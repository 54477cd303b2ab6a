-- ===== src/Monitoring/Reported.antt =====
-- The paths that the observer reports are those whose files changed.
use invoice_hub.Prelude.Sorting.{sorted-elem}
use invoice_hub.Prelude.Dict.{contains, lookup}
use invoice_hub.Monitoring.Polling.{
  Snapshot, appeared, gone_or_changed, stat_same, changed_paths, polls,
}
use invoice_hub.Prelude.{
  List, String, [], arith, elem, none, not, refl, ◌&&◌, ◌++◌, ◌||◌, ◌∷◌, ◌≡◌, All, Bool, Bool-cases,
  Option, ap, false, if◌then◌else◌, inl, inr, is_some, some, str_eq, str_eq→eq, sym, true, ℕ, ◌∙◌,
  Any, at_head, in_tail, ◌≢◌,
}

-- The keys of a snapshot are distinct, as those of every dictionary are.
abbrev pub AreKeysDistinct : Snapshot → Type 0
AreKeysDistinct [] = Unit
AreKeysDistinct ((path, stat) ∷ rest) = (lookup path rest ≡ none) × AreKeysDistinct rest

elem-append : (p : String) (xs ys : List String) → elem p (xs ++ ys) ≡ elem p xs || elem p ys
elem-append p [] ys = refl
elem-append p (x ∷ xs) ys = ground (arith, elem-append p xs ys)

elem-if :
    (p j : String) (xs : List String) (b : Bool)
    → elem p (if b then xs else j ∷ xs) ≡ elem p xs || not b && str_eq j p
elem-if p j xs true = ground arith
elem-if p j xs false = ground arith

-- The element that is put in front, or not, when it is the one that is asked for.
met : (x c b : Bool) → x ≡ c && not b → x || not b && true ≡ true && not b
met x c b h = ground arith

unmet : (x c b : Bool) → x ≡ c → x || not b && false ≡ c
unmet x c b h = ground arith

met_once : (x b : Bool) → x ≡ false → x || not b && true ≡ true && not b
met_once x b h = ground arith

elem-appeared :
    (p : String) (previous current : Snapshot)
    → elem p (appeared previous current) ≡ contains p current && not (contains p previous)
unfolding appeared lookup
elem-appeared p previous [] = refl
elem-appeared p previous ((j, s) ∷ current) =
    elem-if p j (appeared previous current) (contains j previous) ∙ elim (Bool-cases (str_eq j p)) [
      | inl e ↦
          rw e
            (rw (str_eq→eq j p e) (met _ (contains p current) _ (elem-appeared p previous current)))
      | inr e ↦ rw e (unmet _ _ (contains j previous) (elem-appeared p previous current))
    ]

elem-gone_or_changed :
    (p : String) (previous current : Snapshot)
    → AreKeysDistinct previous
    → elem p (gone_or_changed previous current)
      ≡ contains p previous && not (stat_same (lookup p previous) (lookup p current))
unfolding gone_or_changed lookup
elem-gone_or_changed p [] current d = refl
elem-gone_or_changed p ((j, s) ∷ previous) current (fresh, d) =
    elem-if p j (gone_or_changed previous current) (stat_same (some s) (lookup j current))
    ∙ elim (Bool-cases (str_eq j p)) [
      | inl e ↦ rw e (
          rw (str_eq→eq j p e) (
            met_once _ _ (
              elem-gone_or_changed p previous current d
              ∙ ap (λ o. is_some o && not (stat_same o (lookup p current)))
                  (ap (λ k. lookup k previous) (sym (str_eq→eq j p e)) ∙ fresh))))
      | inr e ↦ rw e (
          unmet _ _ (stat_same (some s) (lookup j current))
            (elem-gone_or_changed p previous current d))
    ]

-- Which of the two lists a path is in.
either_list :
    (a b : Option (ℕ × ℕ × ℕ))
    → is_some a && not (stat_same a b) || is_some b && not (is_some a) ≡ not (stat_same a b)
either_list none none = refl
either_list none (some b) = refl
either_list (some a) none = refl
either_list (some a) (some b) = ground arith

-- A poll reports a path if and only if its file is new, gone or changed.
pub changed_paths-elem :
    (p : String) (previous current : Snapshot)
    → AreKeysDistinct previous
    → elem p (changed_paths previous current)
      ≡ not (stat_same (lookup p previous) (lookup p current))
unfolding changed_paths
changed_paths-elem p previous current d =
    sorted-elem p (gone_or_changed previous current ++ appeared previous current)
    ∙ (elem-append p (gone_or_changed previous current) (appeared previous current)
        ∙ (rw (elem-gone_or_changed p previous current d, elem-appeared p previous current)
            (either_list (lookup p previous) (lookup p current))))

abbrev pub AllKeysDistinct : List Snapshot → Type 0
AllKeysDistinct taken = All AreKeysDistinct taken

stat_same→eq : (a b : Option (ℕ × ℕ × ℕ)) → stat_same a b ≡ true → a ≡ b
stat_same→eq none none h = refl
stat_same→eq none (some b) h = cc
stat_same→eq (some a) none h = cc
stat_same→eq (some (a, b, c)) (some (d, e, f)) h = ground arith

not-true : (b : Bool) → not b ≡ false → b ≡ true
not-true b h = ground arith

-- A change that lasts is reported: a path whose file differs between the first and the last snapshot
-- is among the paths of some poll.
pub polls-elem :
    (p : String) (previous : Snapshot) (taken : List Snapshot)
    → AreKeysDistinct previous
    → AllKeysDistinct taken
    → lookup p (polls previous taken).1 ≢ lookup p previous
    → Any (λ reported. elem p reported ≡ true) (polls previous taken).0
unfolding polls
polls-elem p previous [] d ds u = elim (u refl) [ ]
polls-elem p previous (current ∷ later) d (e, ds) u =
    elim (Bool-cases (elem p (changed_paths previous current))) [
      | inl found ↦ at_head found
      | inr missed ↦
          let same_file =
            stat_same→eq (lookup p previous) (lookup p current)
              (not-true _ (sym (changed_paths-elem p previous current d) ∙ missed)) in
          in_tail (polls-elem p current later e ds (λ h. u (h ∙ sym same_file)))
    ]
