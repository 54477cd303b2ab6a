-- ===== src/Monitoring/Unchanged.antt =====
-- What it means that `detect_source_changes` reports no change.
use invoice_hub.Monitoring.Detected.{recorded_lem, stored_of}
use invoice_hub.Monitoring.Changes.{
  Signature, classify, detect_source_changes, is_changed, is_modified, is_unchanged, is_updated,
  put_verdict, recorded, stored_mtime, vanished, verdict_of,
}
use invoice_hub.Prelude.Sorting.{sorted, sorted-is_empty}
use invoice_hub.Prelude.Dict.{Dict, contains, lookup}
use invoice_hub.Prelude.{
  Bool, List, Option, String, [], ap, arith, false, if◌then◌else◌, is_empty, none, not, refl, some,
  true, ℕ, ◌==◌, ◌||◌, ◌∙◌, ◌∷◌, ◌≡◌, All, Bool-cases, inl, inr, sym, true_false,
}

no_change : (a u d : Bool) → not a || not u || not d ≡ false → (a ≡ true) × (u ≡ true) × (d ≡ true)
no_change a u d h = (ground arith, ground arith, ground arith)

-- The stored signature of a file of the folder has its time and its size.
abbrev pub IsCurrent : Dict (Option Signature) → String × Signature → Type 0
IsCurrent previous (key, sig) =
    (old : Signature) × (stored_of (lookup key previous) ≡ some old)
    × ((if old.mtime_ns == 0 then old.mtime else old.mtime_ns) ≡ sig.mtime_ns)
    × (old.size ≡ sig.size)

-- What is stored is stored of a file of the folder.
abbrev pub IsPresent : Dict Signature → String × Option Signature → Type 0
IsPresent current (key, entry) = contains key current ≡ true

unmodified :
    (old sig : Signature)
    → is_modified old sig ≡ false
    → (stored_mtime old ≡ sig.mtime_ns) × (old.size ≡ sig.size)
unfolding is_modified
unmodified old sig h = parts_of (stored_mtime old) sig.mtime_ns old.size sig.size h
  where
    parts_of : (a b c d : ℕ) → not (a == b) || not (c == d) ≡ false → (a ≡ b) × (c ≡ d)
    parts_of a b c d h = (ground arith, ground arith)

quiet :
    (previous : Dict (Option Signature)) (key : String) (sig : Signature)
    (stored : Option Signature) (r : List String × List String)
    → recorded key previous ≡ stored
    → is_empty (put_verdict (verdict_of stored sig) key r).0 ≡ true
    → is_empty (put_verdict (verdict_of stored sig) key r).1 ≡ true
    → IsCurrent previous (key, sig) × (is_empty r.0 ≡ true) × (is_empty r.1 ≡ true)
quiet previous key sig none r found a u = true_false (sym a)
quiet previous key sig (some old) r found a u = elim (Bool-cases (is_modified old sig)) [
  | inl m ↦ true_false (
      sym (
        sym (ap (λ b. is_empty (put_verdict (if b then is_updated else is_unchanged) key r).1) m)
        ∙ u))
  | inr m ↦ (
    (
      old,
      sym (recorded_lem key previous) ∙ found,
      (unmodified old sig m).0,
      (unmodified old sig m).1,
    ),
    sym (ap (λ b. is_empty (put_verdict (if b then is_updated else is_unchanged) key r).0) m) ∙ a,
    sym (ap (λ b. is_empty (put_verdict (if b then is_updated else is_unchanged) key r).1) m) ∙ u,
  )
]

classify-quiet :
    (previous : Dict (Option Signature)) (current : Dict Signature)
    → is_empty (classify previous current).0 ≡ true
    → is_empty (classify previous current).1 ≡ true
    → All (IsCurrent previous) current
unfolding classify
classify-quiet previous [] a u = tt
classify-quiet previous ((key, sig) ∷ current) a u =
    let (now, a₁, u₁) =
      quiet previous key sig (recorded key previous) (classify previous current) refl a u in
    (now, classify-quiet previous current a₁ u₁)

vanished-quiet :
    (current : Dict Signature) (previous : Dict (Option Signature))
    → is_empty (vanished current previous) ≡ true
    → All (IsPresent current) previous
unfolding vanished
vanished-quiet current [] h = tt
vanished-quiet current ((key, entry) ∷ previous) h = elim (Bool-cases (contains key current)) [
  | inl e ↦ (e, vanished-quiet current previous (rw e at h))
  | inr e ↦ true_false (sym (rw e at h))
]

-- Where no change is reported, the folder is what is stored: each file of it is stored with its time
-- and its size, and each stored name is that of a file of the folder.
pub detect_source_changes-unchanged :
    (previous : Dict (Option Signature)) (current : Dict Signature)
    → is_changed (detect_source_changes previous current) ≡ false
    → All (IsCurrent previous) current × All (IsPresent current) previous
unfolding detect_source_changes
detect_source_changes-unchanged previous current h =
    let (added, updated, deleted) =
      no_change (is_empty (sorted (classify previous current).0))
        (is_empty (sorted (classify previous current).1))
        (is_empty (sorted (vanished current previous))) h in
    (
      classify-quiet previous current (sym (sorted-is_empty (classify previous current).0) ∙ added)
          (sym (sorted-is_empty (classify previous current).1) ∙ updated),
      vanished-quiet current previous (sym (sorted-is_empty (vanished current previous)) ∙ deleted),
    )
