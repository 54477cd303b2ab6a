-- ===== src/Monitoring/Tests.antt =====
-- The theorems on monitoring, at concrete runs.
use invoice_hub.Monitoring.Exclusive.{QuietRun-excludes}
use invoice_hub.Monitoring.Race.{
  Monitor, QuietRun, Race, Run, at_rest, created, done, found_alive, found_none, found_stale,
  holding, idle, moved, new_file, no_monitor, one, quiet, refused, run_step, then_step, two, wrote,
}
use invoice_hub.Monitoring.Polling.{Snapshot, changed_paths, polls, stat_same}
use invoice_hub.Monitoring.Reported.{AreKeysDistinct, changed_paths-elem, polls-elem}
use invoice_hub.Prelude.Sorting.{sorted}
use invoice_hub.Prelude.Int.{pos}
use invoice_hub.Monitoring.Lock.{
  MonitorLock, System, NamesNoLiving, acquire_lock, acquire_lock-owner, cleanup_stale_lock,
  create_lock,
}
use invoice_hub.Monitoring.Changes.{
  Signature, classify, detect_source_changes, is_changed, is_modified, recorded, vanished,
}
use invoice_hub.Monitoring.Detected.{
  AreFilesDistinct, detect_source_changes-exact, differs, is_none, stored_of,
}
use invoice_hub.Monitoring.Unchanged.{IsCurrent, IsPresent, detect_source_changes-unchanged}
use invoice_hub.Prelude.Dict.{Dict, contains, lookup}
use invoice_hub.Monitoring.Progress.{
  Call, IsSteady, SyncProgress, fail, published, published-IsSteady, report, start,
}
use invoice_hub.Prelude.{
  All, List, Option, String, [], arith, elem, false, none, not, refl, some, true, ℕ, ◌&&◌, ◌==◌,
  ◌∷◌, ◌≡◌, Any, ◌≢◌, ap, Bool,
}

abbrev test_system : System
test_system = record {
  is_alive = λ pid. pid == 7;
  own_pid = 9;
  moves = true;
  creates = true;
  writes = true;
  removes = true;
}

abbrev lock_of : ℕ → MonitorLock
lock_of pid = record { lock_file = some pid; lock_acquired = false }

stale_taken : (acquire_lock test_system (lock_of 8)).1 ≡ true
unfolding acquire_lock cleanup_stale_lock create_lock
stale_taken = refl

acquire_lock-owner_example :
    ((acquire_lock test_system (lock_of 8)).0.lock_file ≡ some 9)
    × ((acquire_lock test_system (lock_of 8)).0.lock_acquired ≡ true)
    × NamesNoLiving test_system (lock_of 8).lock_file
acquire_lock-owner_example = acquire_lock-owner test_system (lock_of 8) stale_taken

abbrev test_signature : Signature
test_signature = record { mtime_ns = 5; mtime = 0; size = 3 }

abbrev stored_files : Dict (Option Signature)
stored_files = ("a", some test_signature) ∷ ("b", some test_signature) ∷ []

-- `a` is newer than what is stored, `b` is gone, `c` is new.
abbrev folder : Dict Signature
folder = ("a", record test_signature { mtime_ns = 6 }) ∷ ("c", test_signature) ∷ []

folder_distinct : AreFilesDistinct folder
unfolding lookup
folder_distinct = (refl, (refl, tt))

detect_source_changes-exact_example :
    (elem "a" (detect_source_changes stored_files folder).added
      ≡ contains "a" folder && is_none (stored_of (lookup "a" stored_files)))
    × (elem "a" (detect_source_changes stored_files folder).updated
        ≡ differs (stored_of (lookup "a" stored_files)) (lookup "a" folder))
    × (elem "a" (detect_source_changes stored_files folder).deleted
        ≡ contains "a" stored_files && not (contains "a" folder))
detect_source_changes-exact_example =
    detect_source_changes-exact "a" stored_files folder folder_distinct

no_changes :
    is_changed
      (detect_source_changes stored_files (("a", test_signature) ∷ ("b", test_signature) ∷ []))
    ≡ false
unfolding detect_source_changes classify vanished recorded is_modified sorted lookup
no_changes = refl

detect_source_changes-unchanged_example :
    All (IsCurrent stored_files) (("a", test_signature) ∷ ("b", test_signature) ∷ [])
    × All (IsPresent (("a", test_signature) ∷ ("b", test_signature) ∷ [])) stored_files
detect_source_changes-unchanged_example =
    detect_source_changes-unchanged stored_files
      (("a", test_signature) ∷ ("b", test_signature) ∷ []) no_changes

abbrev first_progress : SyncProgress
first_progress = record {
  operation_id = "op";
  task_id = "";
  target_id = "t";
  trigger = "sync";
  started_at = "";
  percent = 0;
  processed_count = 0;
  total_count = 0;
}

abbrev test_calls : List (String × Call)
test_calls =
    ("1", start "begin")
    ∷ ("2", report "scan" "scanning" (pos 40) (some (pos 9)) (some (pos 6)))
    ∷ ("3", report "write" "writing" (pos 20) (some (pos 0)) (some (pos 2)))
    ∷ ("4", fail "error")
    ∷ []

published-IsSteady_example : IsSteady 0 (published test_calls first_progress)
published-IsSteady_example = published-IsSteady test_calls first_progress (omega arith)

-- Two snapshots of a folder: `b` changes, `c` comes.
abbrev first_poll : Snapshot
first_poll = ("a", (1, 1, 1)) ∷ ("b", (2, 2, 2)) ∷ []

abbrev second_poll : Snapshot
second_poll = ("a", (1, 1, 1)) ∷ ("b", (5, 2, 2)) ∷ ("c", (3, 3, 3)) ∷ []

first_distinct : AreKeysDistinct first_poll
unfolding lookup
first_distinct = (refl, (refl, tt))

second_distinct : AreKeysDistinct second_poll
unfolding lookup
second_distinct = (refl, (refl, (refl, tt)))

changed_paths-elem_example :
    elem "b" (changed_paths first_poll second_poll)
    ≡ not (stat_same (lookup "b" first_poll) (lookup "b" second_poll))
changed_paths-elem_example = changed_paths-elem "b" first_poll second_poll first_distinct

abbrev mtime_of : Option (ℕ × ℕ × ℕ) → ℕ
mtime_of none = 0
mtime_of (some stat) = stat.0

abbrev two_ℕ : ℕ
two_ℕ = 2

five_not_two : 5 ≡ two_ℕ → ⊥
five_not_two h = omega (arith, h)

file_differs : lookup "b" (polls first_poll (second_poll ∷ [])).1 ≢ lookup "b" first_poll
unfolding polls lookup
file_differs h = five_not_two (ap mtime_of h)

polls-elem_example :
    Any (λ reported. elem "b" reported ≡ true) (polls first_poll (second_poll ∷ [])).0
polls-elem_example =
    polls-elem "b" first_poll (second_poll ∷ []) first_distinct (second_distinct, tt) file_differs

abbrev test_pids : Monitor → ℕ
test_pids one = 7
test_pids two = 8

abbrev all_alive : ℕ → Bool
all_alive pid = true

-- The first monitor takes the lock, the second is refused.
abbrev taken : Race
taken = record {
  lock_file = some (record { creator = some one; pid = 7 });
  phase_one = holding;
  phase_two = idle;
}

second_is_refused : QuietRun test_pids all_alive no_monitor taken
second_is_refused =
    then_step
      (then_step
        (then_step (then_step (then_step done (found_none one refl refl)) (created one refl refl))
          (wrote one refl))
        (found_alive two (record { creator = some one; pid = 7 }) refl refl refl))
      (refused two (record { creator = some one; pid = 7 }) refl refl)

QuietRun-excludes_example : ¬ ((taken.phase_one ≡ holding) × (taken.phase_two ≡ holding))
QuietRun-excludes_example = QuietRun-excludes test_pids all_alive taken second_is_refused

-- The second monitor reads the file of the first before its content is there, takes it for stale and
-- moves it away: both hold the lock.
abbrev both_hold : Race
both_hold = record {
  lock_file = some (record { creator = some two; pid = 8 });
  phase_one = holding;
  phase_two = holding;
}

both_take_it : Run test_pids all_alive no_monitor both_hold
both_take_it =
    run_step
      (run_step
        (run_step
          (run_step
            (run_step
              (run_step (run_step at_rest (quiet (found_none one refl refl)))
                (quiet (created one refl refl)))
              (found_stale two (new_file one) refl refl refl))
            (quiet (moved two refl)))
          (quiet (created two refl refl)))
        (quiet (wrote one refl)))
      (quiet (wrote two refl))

---

Exercise aim | Would you show all lines of the material above that contain the word "MonitorLock"?

Output below |
  MonitorLock, System, NamesNoLiving, acquire_lock, acquire_lock-owner, cleanup_stale_lock,
abbrev lock_of : ℕ → MonitorLock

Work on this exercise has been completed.